Traders/dealers and their *staff* have an obligation here on MHF to identify themselves to our members, simply so the members when reading the information, can understand it is biased because of the connection with the company.

We will leave your posts as they are, you didn't go so far as to advertise with links/telephones numbers etc.

MHS...Rob


----------



## asprn (Feb 10, 2006)

Motorhomersimpson said:


> you were given the opportunity to reveal yourself


This is extremely unfair. How come he gets an opportunity like that?
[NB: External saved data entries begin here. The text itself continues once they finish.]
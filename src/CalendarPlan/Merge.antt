-- ===== src/CalendarPlan/Merge.antt =====
-- mergeIntervals: it overlaps with a slot exactly when an interval it was given does, and its result
-- is sorted with gaps between the intervals.
use outlook_agent.Prelude.{
  Bool, Bool-cases, List, [], any, arith, false, inl, inr, leb, length, ltb, refl, tests, true, ℕ,
  ◌<◌, ◌||◌, ◌∙◌, ◌∷◌, ◌≡◌, ◌≤◌,
}
use outlook_agent.CalendarPlan.{
  merge_intervals, overlaps_any, merge_sorted, join, Interval, insert_by_start, merge_from,
  overlaps, sort_by_start,
}

-- Every start is at least `lo`, and the starts ascend.
abbrev AscendsFrom : ℕ → List Interval → Type 0
AscendsFrom lo [] = Unit
AscendsFrom lo (x ∷ xs) = (lo ≤ x.start) × AscendsFrom x.start xs

AscendsFrom-insert_by_start :
    (lo : ℕ) (x : Interval) (ys : List Interval)
    → lo ≤ x.start
    → AscendsFrom lo ys
    → AscendsFrom lo (insert_by_start x ys)
unfolding insert_by_start
AscendsFrom-insert_by_start lo x [] h a = (h, tt)
AscendsFrom-insert_by_start lo x (y ∷ ys) h a = elim (Bool-cases (ltb y.start x.start)) [
  | inl less ↦ rw less (a.0, AscendsFrom-insert_by_start y.start x ys (omega tests) a.1)
  | inr more ↦ rw more (h, (omega tests, a.1))
]

AscendsFrom-sort_by_start : (xs : List Interval) → AscendsFrom 0 (sort_by_start xs)
unfolding sort_by_start
AscendsFrom-sort_by_start [] = tt
AscendsFrom-sort_by_start (x ∷ xs) =
    AscendsFrom-insert_by_start 0 x (sort_by_start xs) (omega arith) (AscendsFrom-sort_by_start xs)

AscendsFrom-weaken :
    {lo hi : ℕ} (xs : List Interval) → lo ≤ hi → AscendsFrom hi xs → AscendsFrom lo xs
AscendsFrom-weaken [] h a = tt
AscendsFrom-weaken (x ∷ xs) h a = (omega arith, a.1)

start-join : (x y : Interval) → (join x y).start ≡ x.start
start-join x y = ground arith

AscendsFrom-join :
    (x y : Interval) (ys : List Interval)
    → x.start ≤ y.start
    → AscendsFrom y.start ys
    → AscendsFrom (join x y).start ys
AscendsFrom-join x y ys h a = rw (start-join x y) (AscendsFrom-weaken ys h a)

merge_from_gap :
    (x y : Interval) (ys : List Interval)
    → ltb x.end y.start ≡ true
    → merge_from x (y ∷ ys) ≡ x ∷ merge_from y ys
unfolding merge_from
merge_from_gap x y ys gap = rw (gap, merge_from)

merge_from_touch :
    (x y : Interval) (ys : List Interval)
    → ltb x.end y.start ≡ false
    → merge_from x (y ∷ ys) ≡ merge_from (join x y) ys
unfolding merge_from
merge_from_touch x y ys touch = rw (touch, merge_from)

module _ (start end : ℕ) where
  any-insert_by_start :
      (x : Interval) (ys : List Interval)
      → any (overlaps start end) (insert_by_start x ys)
        ≡ (overlaps start end x || any (overlaps start end) ys)
  unfolding insert_by_start
  any-insert_by_start x [] = refl
  any-insert_by_start x (y ∷ ys) = ground (arith, any-insert_by_start x ys)

  any-sort_by_start :
      (xs : List Interval)
      → any (overlaps start end) (sort_by_start xs) ≡ any (overlaps start end) xs
  unfolding sort_by_start
  any-sort_by_start [] = refl
  any-sort_by_start (x ∷ xs) = any-insert_by_start x (sort_by_start xs) ∙ rw (any-sort_by_start xs)

  overlaps-join :
      (x y : Interval)
      → start < end
      → x.start ≤ y.start
      → y.start ≤ x.end
      → overlaps start end (join x y) ≡ (overlaps start end x || overlaps start end y)
  overlaps-join x y proper order touch = ground arith

  or_assoc : (a b c : Bool) → ((a || b) || c) ≡ (a || (b || c))
  or_assoc a b c = ground arith

  any-merge_from :
      (x : Interval) (xs : List Interval)
      → start < end
      → AscendsFrom x.start xs
      → any (overlaps start end) (merge_from x xs)
        ≡ (overlaps start end x || any (overlaps start end) xs)
  unfolding merge_from
  any-merge_from x [] proper a = refl
  any-merge_from x (y ∷ ys) proper a = elim (Bool-cases (ltb x.end y.start)) [
    | inl gap ↦ rw (merge_from_gap x y ys gap) (rw (any-merge_from y ys proper a.1))
    | inr touch ↦
        rw
          (
            merge_from_touch x y ys touch,
            any-merge_from (join x y) ys proper (AscendsFrom-join x y ys a.0 a.1),
            overlaps-join x y proper a.0 (omega tests),
          )
          (or_assoc (overlaps start end x) (overlaps start end y) (any (overlaps start end) ys))
  ]

  any-merge_sorted :
      (xs : List Interval)
      → start < end
      → AscendsFrom 0 xs
      → any (overlaps start end) (merge_sorted xs) ≡ any (overlaps start end) xs
  any-merge_sorted [] proper a = refl
  any-merge_sorted (x ∷ xs) proper a = any-merge_from x xs proper a.1

  -- For a slot that has a length, the merged intervals block it exactly when one of the intervals
  -- before merging does.
  pub overlaps_any-merge_intervals :
      (xs : List Interval)
      → start < end
      → overlaps_any start end (merge_intervals xs) ≡ overlaps_any start end xs
  unfolding overlaps_any merge_intervals
  overlaps_any-merge_intervals xs proper = elim (Bool-cases (leb (length xs) 1)) [
    | inl short ↦ rw short
    | inr long ↦ rw long (
        any-merge_sorted (sort_by_start xs) proper (AscendsFrom-sort_by_start xs)
        ∙ any-sort_by_start xs)
  ]

-- The first interval of the list, if there is one, starts after `e`.
abbrev StartsAfter : ℕ → List Interval → Type 0
StartsAfter e [] = Unit
StartsAfter e (x ∷ xs) = e < x.start

-- Each interval ends before the next one starts.
abbrev pub IsSeparated : List Interval → Type 0
IsSeparated [] = Unit
IsSeparated (x ∷ xs) = StartsAfter x.end xs × IsSeparated xs

StartsAfter-merge_from :
    (e : ℕ) (x : Interval) (xs : List Interval) → e < x.start → StartsAfter e (merge_from x xs)
unfolding merge_from
StartsAfter-merge_from e x [] h = h
StartsAfter-merge_from e x (y ∷ ys) h = elim (Bool-cases (ltb x.end y.start)) [
  | inl gap ↦ rw (merge_from_gap x y ys gap) h
  | inr touch ↦
      rw (merge_from_touch x y ys touch) (StartsAfter-merge_from e (join x y) ys (ground arith))
]

IsSeparated-merge_from : (x : Interval) (xs : List Interval) → IsSeparated (merge_from x xs)
unfolding merge_from
IsSeparated-merge_from x [] = (tt, tt)
IsSeparated-merge_from x (y ∷ ys) = elim (Bool-cases (ltb x.end y.start)) [
  | inl gap ↦
      rw (merge_from_gap x y ys gap)
        (StartsAfter-merge_from x.end y ys (omega tests), IsSeparated-merge_from y ys)
  | inr touch ↦ rw (merge_from_touch x y ys touch) (IsSeparated-merge_from (join x y) ys)
]

IsSeparated-merge_sorted : (xs : List Interval) → IsSeparated (merge_sorted xs)
IsSeparated-merge_sorted [] = tt
IsSeparated-merge_sorted (x ∷ xs) = IsSeparated-merge_from x xs

IsSeparated-short : (xs : List Interval) → leb (length xs) 1 ≡ true → IsSeparated xs
IsSeparated-short [] h = tt
IsSeparated-short (x ∷ []) h = (tt, tt)
IsSeparated-short (x ∷ y ∷ ys) h = absurd (omega tests)

-- After merging, each interval ends before the next one starts.
merge_intervals-IsSeparated : (xs : List Interval) → IsSeparated (merge_intervals xs)
unfolding merge_intervals
merge_intervals-IsSeparated xs = elim (Bool-cases (leb (length xs) 1)) [
  | inl short ↦ rw short (IsSeparated-short xs short)
  | inr long ↦ rw long (IsSeparated-merge_sorted (sort_by_start xs))
]

-- Merging separates the intervals, each ending before the next one starts, and it keeps what they
-- block: for a slot that has a length, the merged intervals block it exactly when one of the intervals
-- before merging does.
pub merge_intervals_faithful :
    (start end : ℕ) (xs : List Interval)
    → start < end
    → IsSeparated (merge_intervals xs)
      × (overlaps_any start end (merge_intervals xs) ≡ overlaps_any start end xs)
merge_intervals_faithful start end xs proper =
    (merge_intervals-IsSeparated xs, overlaps_any-merge_intervals start end xs proper)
I've never been asked to reveal myself here.

ottytrain2:

Dougie.


----------



## Motorhomersimpson (May 9, 2005)

:lol: :lol: :lol: 

MHS...Rob


----------



## teemyob (Nov 22, 2005)

*Slide out*

Winibago View?

Dodge (Mercedes Chassis) 4.6T

There is another one on a Merc Chassis but cannot think of the name.

Trev.


----------



## goldi (Feb 4, 2009)

Afternoon all,

I reckon that a slideout on a pvc is the way to go.


norm


----------



## Littlebt (May 19, 2012)

*Slideout*

RS Motorhomes do a twin slideout under 7.5 the Elysian


----------



## raynipper (Aug 4, 2008)

This one is older than the OP......................... Ray.


----------



## GEMMY (Jun 19, 2006)

Amazing advert for housekeeping, an 8 year old thread from the grave.

tony


----------



## goldi (Feb 4, 2009)

Eveninig all,
hey, so whats wrong with an interesting subject to it might be yonks years old.

norm


----------



## cabby (May 14, 2005)

well has anyone got info about a motorhome that has at least one slideout in the 3.5t range.

cabby


----------



## peedee (May 10, 2005)

goldi said:


> Afternoon all,
> 
> I reckon that a slideout on a pvc is the way to go.
> 
> norm


Isn't it called a pop up ! :lol:

peedee


----------



## ceejayt (Nov 25, 2005)

*Re: Slideout*



Littlebt said:


> RS Motorhomes do a twin slideout under 7.5 the Elysian


We have the RS Elysian but its over 3.5 ton. We have twin slide outs. MMM just published a Living with... Article in the latest May issue f you want to see a write up or check out my blog (link below)

C


----------



## Motorhomersimpson (May 9, 2005)

peedee said:


> Isn't it called a pop up ! :lol: peedee


This one would be called a pop-out then 

http://www.chameleonmotorhomes.co.uk/slideoutandreard.html

MHS...Rob


----------